(Directions for this task): Set down exactly the lines below, starting at the one that contains "nframes = 64;" and ending at the one that contains "four_pids (suc zero)", with both of those lines included and nothing else.
Data for this task Start Marker
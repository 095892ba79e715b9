-- ===== src/Sched/Tests.antt =====
-- Runs of the scheduler, and its theorems at a table of four slots.
use veil_os.Base.{
  ℕ, zero, suc, ◌≤◌, ◌≡◌, refl, ◌⊎◌, inl, inr, false, [], ◌∷◌, Option, none, some, arith,
}
use mathlib.Core.Option
use veil_os.Base.Word.{add64, sub64}
use veil_os.Frames.{mark, is_used, mark_range, scan, alloc_contiguous, alloc}
use veil_os.Paging.{
  Machine, store, alloc_zeroed, new, child_table, map_leaf, map_user_page, user_flags, clone_kernel,
}
use veil_os.Sched.{
  Context, Linked, State, ready, running, zombie, Task, Kernel, task_at, is_ready, pick_from,
  pick_next, switch_to, paused, yield_now, exit_current, exit_code, pass, take_zombie, reap,
  alloc_kstack, spawn, spawn_kernel, add_task, load_pages, load_stack, copy_page,
}
use veil_os.Sched.Yield.{IsScheduled, paused_task}
use veil_os.Sched.Switch.{Moved, yield_now-Moved, exit_current-Moved}
use veil_os.Sched.Spawn.{HasSpawned, spawn-Spawned}
use veil_os.Sched.Fair.{yields, yields-arrive}

abbrev task : ℕ → State → ℕ → Task
task pid state mark = record {
  pid = pid;
  name = [];
  state = state;
  ctx = mark ∷ [];
  kstack = 0;
  root = mark;
  mapper = none;
  entry = 0;
  args = [];
  fds = [];
}

abbrev machine : Machine
machine = record {
  frames = record { bitmap = λ i. 0; ram_base = 0; nframes = 64; cursor = 1; free = 64 };
  words = λ p i. 0;
}

abbrev four : Kernel
four = record {
  machine = machine;
  tasks =
      some (task 1 running 10) ∷ some (task 2 ready 20) ∷ none ∷ some (task 3 (zombie 7) 30) ∷ [];
  current = 0;
  kernel_root = 0;
  preempt = false;
  need_resched = false;
  next_pid = 4;
  regs = 99 ∷ [];
  ttbr0 = 10;
}

four_alone : (i : ℕ) (t : Task) → task_at four.tasks i ≡ some t → t.state ≡ running → i ≡ 0
unfolding task_at
four_alone zero t e r = refl
four_alone (suc zero) t e r = absurd (ground arith)
four_alone (suc (suc zero)) t e r = absurd (ground arith)
four_alone (suc (suc (suc zero))) t e r = absurd (ground arith)
four_alone (suc (suc (suc (suc i)))) t e r = absurd (ground arith)

four_pids :
    (i : ℕ) (t : Task)
    → task_at four.tasks i ≡ some t
    → ((t.pid ≡ 1) × (i ≡ 0)) ⊎ (((t.pid ≡ 2) × (i ≡ 1)) ⊎ ((t.pid ≡ 3) × (i ≡ 3)))
unfolding task_at
four_pids zero t e = inl (ground arith, refl)
four_pids (suc zero) t e = inr (inl (ground arith, refl))
four_pids (suc (suc zero)) t e = absurd (ground arith)
four_pids (suc (suc (suc zero))) t e = inr (inr (ground arith, refl))
four_pids (suc (suc (suc (suc i)))) t e = absurd (ground arith)

four-IsScheduled : IsScheduled four
unfolding task_at
four-IsScheduled = record {
  me = task 1 running 10;
  here = refl;
  running_here = refl;
  alone = four_alone;
  fresh = λ i t e. omega (arith, four_pids i t e);
  distinct = λ i j t u e f q. omega (arith, four_pids i t e, four_pids j u f);
}

-- The yield goes to slot 1, with its registers.
yield_to_second :
    Option.map {B = ℕ × Context × ℕ} (λ k. (k.current, k.regs, k.ttbr0)) (yield_now four)
    ≡ some (1, 20 ∷ [], 20)
unfolding yield_now pick_next pick_from is_ready task_at paused switch_to
yield_to_second = refl

yield_now-Moved_example :
    (k' : Kernel) × (yield_now four ≡ some k')
    × (((k' ≡ four) × ((i : ℕ) → is_ready four.tasks i ≡ false))
        ⊎ Moved four (paused_task (task 1 running 10) (99 ∷ [])) k')
unfolding four-IsScheduled
yield_now-Moved_example = yield_now-Moved four four-IsScheduled

exit_current-Moved_example :
    (k' : Kernel) × (exit_current four 5 ≡ some k') × Moved four (task 1 (zombie 5) 10) k'
unfolding is_ready task_at four-IsScheduled
exit_current-Moved_example = exit_current-Moved four four-IsScheduled 5 1 refl

yields-arrive_example :
    (n : ℕ) × (n ≤ 4) × (k' : Kernel) × (yields n four ≡ some k') × (k'.current ≡ 1)
unfolding is_ready task_at
yields-arrive_example = yields-arrive four 1 four-IsScheduled refl

reap_third : (reap four).0 ≡ some (3, 7)
unfolding reap take_zombie exit_code pass
reap_third = refl

abbrev linked : Linked
linked = record { task_trampoline = 0x8000; kernel_task_trampoline = 0x9000 }

abbrev state_of : Kernel → Option (Option ℕ × Kernel) → Kernel
state_of k none = k
state_of k (some (answer, k')) = k'

served : (spawn_kernel linked four [] 0x1234).0 ≡ some 4
unfolding spawn_kernel alloc_kstack alloc_contiguous scan is_used add64
served = refl

launched :
    spawn linked four (1 ∷ 2 ∷ []) [] []
    ≡ some (some 4, state_of four (spawn linked four (1 ∷ 2 ∷ []) [] []))
unfolding spawn clone_kernel new alloc_zeroed alloc alloc_contiguous scan is_used mark mark_range
    store load_pages load_stack copy_page map_user_page map_leaf child_table user_flags alloc_kstack
    add64 sub64 add_task
launched = refl

spawn-Spawned_example :
    HasSpawned four (some 4) (state_of four (spawn linked four (1 ∷ 2 ∷ []) [] []))
spawn-Spawned_example =
    spawn-Spawned linked four (1 ∷ 2 ∷ []) [] [] four-IsScheduled (omega arith) launched

-- With four frames, one page and the tables on the way to it take them all: the spawn returns None,
-- and no frame is free afterwards.
abbrev starved : Kernel
starved = record four {
  machine = record machine {
    frames = record { bitmap = λ i. 0; ram_base = 0; nframes = 4; cursor = 1; free = 4 };
  };
}

frames_leak :
    Option.map {B = Option ℕ × ℕ}
      (λ r. (r.0, r.1.machine.frames.free))
      (spawn linked starved (1 ∷ 2 ∷ []) [] [])
    ≡ some (none, 0)
unfolding spawn clone_kernel new alloc_zeroed alloc alloc_contiguous scan is_used mark mark_range
    store load_pages load_stack copy_page map_user_page map_leaf child_table user_flags alloc_kstack
    add64 sub64 add_task
frames_leak = refl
Data for this task End Marker
(Output below):
  frames = record { bitmap = λ i. 0; ram_base = 0; nframes = 64; cursor = 1; free = 64 };
  words = λ p i. 0;
}

abbrev four : Kernel
four = record {
  machine = machine;
  tasks =
      some (task 1 running 10) ∷ some (task 2 ready 20) ∷ none ∷ some (task 3 (zombie 7) 30) ∷ [];
  current = 0;
  kernel_root = 0;
  preempt = false;
  need_resched = false;
  next_pid = 4;
  regs = 99 ∷ [];
  ttbr0 = 10;
}

four_alone : (i : ℕ) (t : Task) → task_at four.tasks i ≡ some t → t.state ≡ running → i ≡ 0
unfolding task_at
four_alone zero t e r = refl
four_alone (suc zero) t e r = absurd (ground arith)
four_alone (suc (suc zero)) t e r = absurd (ground arith)
four_alone (suc (suc (suc zero))) t e r = absurd (ground arith)
four_alone (suc (suc (suc (suc i)))) t e r = absurd (ground arith)

four_pids :
    (i : ℕ) (t : Task)
    → task_at four.tasks i ≡ some t
    → ((t.pid ≡ 1) × (i ≡ 0)) ⊎ (((t.pid ≡ 2) × (i ≡ 1)) ⊎ ((t.pid ≡ 3) × (i ≡ 3)))
unfolding task_at
four_pids zero t e = inl (ground arith, refl)
four_pids (suc zero) t e = inr (inl (ground arith, refl))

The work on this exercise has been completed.